Poupée, pas marionnette : le retour de la « babydoll » en 2024

Aujourd’hui, la mode semble être vue à travers les cils d’une poupée épaisse. Elle a été la référence absolue de deux des défilés de mode les plus médiatisés de ces dernières semaines. Marc Jacobs a proposé de jouer avec les proportions de ses silhouettes découpées. Pendant ce temps, à la semaine de la haute couture, John Galliano (désolé, Maison Margiela) a fait fureur sur internet avec son mystérieux effet peau de porcelaine. Le concept pourrait également être transposé à l’habillement, avec la robe nuisette comme métaphore liée à la nostalgie des années 60 des collections printemps 2024 de Gucci ou Marni ou l’esthétique romantique de Cecilie Bahnsen y Sandy Liang.
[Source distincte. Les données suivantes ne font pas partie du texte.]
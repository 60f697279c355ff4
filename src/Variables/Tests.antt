-- ===== src/Variables/Tests.antt =====
-- The rule of a core grammar with one variable.
use buckey.Common.{◌≡◌, refl, ◌≢◌, true, ◌++◌, arith, All, str_eq_iff}
use buckey.Dispatch.{string_starts_with}
use buckey.Registry.{◌&◌}
use buckey.Variables.{reference, node, Items, nil, cons, looked_for, walk_rule}
use buckey.Variables.Renaming.{
  references, with_names, all_listed, once_or_twice, listed_again, walk_rule_lem,
}
use buckey.Variables.Missed.{walk_rule-misses}

abbrev children : Items
children = cons (reference "mode-command") (cons (reference "$modeList") nil)

walk_rule_lem_example :
    ((walk_rule "-core1" (node true children)).0
      ≡ with_names (once_or_twice "-core1" (node true children)) (node true children))
    × ((walk_rule "-core1" (node true children)).1
        ≡ all_listed "-core1" (references (node true children))
          ++ listed_again "-core1" (node true children))
walk_rule_lem_example = walk_rule_lem "-core1" (node true children)

walk_rule-misses_example :
    ((walk_rule "-core1" (reference ("$" & "modeList"))).0
      ≡ reference (looked_for "-core1" "modeList"))
    × All
        (λ n. n ≢ looked_for "-core1" "modeList")
        (references (walk_rule "-core1" (node true children)).0)
unfolding references string_starts_with
walk_rule-misses_example =
    walk_rule-misses "-core1" "modeList" children
      (λ e. absurd (ground (arith, str_eq_iff "-core1" "", e)))
      ((λ h. absurd (cc)), ((λ h. refl), tt))
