-- ===== src/Ir/Receiver.antt =====
-- The base class of the receivers (ir/ir_receiver.{h,cpp}): the edges of the input are collected
-- into pulses, and a complete message goes to a callback. Alarms, callbacks and the semaphore belong to
-- the SDK and to the application: they show as entries of a log.
pub mod Invariant
pub mod Collect
pub mod Delivery
use picolibs.Base.{
  ℕ, zero, suc, ◌+◌, ◌*◌, Bool, true, false, not, ◌&&◌, ◌||◌, Option, none, some, List, [], ◌∷◌,
  ltb, ◌==◌, if◌then◌else◌, u32, sub64, length, set,
}
use picolibs.Alarm.{AlarmId, is_set}
use picolibs.Ir.Message.{Decoded}
use picolibs.Ir.Protocol.{Protocol}

-- What the code asks of its surroundings, newest first in a log. An alarm is named by its id.
pub data Effect : Type 0 where
  alarm_added : ℕ → ℕ → Effect
  alarm_refused : ℕ → Effect
  alarm_cancelled : ℕ → Effect
  sem_released : Effect
  received : ℕ → ℕ → ℕ → Effect
  repeated : ℕ → ℕ → ℕ → Effect
  timed_out : Bool → ℕ → Effect
  failed : Effect

-- The members of `IR_Receiver`. A callback is there or not; `fault` is set by an access outside
-- the array `pulses_`.
pub record Receiver : Type 0 where
  pub pulses : List ℕ
  pub n_pulse : ℕ
  pub mx_pulse : ℕ
  pub prev_ts : ℕ
  pub sync : ℕ
  pub rcb : Bool
  pub rpt : Bool
  pub rpt_addr : ℕ
  pub rpt_func : ℕ
  pub tmo : Bool
  pub msg_timer : AlarmId
  pub bit_timer : AlarmId
  pub msg_timeout : ℕ
  pub bit_timeout : ℕ
  pub prev_count : ℕ
  pub err : Bool
  pub fault : Bool
  pub log : List Effect

-- `pulses_[n_pulse_++] = delta`
unfoldable pub store_pulse : ℕ → Receiver → Receiver
store_pulse delta r = record r {
  pulses = set r.pulses r.n_pulse delta;
  n_pulse = u32 (r.n_pulse + 1);
  fault = r.fault || not (ltb r.n_pulse (length r.pulses));
}

unfoldable pub note : Effect → Receiver → Receiver
note e r = record r { log = e ∷ r.log }

-- `if (timer != -1) alarm_pool_cancel_alarm(pool_, timer)`
abbrev pub cancel_log : AlarmId → List Effect → List Effect
cancel_log none log = log
cancel_log (some id) log = alarm_cancelled id ∷ log

unfoldable pub reset : Receiver → Receiver
reset r = record r {
  sync = 0;
  n_pulse = 0;
  bit_timer = none;
  msg_timer = none;
  log = sem_released ∷ cancel_log r.msg_timer (cancel_log r.bit_timer r.log);
}

unfoldable pub message_error : Receiver → Receiver
unfolding note reset
message_error r = reset (if r.err then note failed r else r)

-- The virtual `timeout`; `keep` is what the application's callback answers.
unfoldable pub timeout : Bool → Bool → Receiver → Bool × Receiver
unfolding note reset message_error
timeout msg keep r =
    if r.tmo
    then (let r' = note (timed_out msg r.n_pulse) r in
        if keep then (true, r') else (false, reset r'))
    else (false, message_error r)

-- The static callback of the message alarm.
unfoldable pub timeout_msg : Bool → Receiver → Receiver
unfolding timeout
timeout_msg keep r = record ((timeout true keep r).1) { msg_timer = none }

-- What `alarm_pool_add_alarm_in_ms` answers, by all that was asked before.
abbrev pub Grant : Type 0
Grant = List Effect → ℕ → AlarmId

abbrev pub add_log : AlarmId → ℕ → List Effect → List Effect
add_log none ms log = alarm_refused ms ∷ log
add_log (some id) ms log = alarm_added id ms ∷ log

module _ (grant : Grant) where
  unfoldable pub start_message_timeout : Receiver → Receiver
  start_message_timeout r =
      if ltb 0 r.msg_timeout && not (is_set r.msg_timer)
      then (let id = grant r.log r.msg_timeout in
          record r { msg_timer = id; log = add_log id r.msg_timeout r.log })
      else r

  unfoldable pub start_timeout : Receiver → Receiver
  unfolding start_message_timeout
  start_timeout r =
      let r' = start_message_timeout r in
      if ltb 0 r'.bit_timeout
      then (let id = grant r'.log r'.bit_timeout in
          record r' {
            prev_count = r'.n_pulse;
            bit_timer = id;
            log = add_log id r'.bit_timeout r'.log;
          })
      else r'

module _ (p : Protocol) where
  -- `NEC_Receiver::check_sync` and its kin, over the protocol's tests.
  unfoldable pub check_sync : ℕ → Bool → Receiver → Bool × Receiver
  unfolding store_pulse reset note
  check_sync ts falling r =
      let delta = u32 (sub64 ts r.prev_ts) in
      if r.sync == 0
      then (let r' = record r { n_pulse = 0 } in
          (
            false,
            if falling && p.is_mark delta then record (store_pulse delta r') { sync = 1 } else r',
          ))
      else if r.sync == 1
      then (
        false,
        if not falling && p.is_space delta
            then store_pulse delta (record r { sync = 2 })
            else if not falling && p.is_repeat delta && r.rpt
            then note (repeated ts r.rpt_addr r.rpt_func) (reset r)
            else reset r,
      )
      else (r.sync == 2, r)

  -- `decode_message` stores into `rpt_addr_` and `rpt_func_` whatever it returns.
  unfoldable pub message_complete : ℕ → Receiver → Receiver
  unfolding note reset message_error
  message_complete ts r = elim (p.decode r.pulses r.n_pulse) [
    | none ↦ record r { fault = true }
    | some d ↦
        let r' = record r { rpt_addr = d.addr; rpt_func = d.func } in
        if d.accepted
        then reset (if r'.rcb then note (received ts d.addr d.func) r' else r')
        else message_error r'
  ]

  -- The branch of `store_timestamp` for a pulse behind the sync sequence.
  unfoldable pub collect : ℕ → Receiver → Receiver
  collect ts r =
      let r' = (if ltb r.n_pulse r.mx_pulse then store_pulse (u32 (sub64 ts r.prev_ts)) r else r) in
      if r'.n_pulse == r'.mx_pulse then message_complete ts r' else r'

  unfoldable pub store_timestamp : Grant → ℕ → Bool → Receiver → Receiver
  store_timestamp grant ts falling r =
      let checked = check_sync ts falling r in
      let r2 = (if checked.0 then collect ts checked.1 else checked.1) in
      let r3 = record r2 { prev_ts = ts } in
      if r.sync == 0 && not (r3.sync == 0) then start_timeout grant r3 else r3

abbrev no_bit_timer : Receiver → Receiver
no_bit_timer r = record r { bit_timer = none }

-- The alarm runs again after the returned time, or ends.
abbrev run_again : Receiver → ℕ × Receiver
run_again r =
    let again = u32 (r.bit_timeout * 1000) in (again, if again == 0 then no_bit_timer r else r)

-- The static callback of the bit alarm. `check_bit_timeout` of the three protocols is the test of
-- `sync_` for 2.
unfoldable pub timeout_bit : Bool → Receiver → ℕ × Receiver
unfolding timeout
timeout_bit keep r =
    if r.sync == 0
    then (0, no_bit_timer r)
    else if r.n_pulse == r.prev_count && r.sync == 2
    then (let (more, r') = timeout false keep r in
        if more then run_again (record r' { prev_count = r'.n_pulse }) else (0, no_bit_timer r'))
    else run_again (record r { prev_count = r.n_pulse })

-- What reaches a receiver: an edge of its input, one of its two alarms, with the answer of the
-- timeout callback, or the application's start of the message timer.
pub data Event : Type 0 where
  edge : ℕ → Bool → Event
  msg_alarm bit_alarm : Bool → Event
  start_timer : Event

unfoldable pub step : Protocol → Grant → Event → Receiver → Receiver
step p grant (edge ts falling) r = store_timestamp p grant ts falling r
step p grant (msg_alarm keep) r = timeout_msg keep r
step p grant (bit_alarm keep) r = (timeout_bit keep r).1
step p grant start_timer r = start_message_timeout grant r

unfoldable pub run : Protocol → Grant → List Event → Receiver → Receiver
run p grant [] r = r
run p grant (e ∷ es) r = run p grant es (step p grant e r)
D’aucuns ont vu dans son retour actuel l’union du confort recherché dans la pandémie et le désir subséquent de s’amuser dans l’excès. Ce look évidé a certes la libération de ses coutures, mais aussi le dilemme de sa sémantique. Avec ses origines liées aux vêtements pour enfants et à la lingerie féminine, il a historiquement été soumis au regard masculin. La culture populaire regorge d’exemples significatifs d’infantilisation et de sexualisation des femmes, comme le célèbre Lolita (le film, pas le roman) ou, curieusement, Baby Dollun film éponyme de 1956 qui raconte l’histoire d’un homme âgé marié à une petite fille. Dans ce paysage culturel, la nuisette est devenue l’uniforme d’une décennie aussi révolutionnaire qu’incongrue. « Tout est plus complexe qu’il n’y paraît« , affirme l’historien et théoricien de la mode Sílvia RosésSi le patriarcat n’a pas encore été éradiqué, nous ne pouvons pas demander qu’il le soit dans les années 1960″.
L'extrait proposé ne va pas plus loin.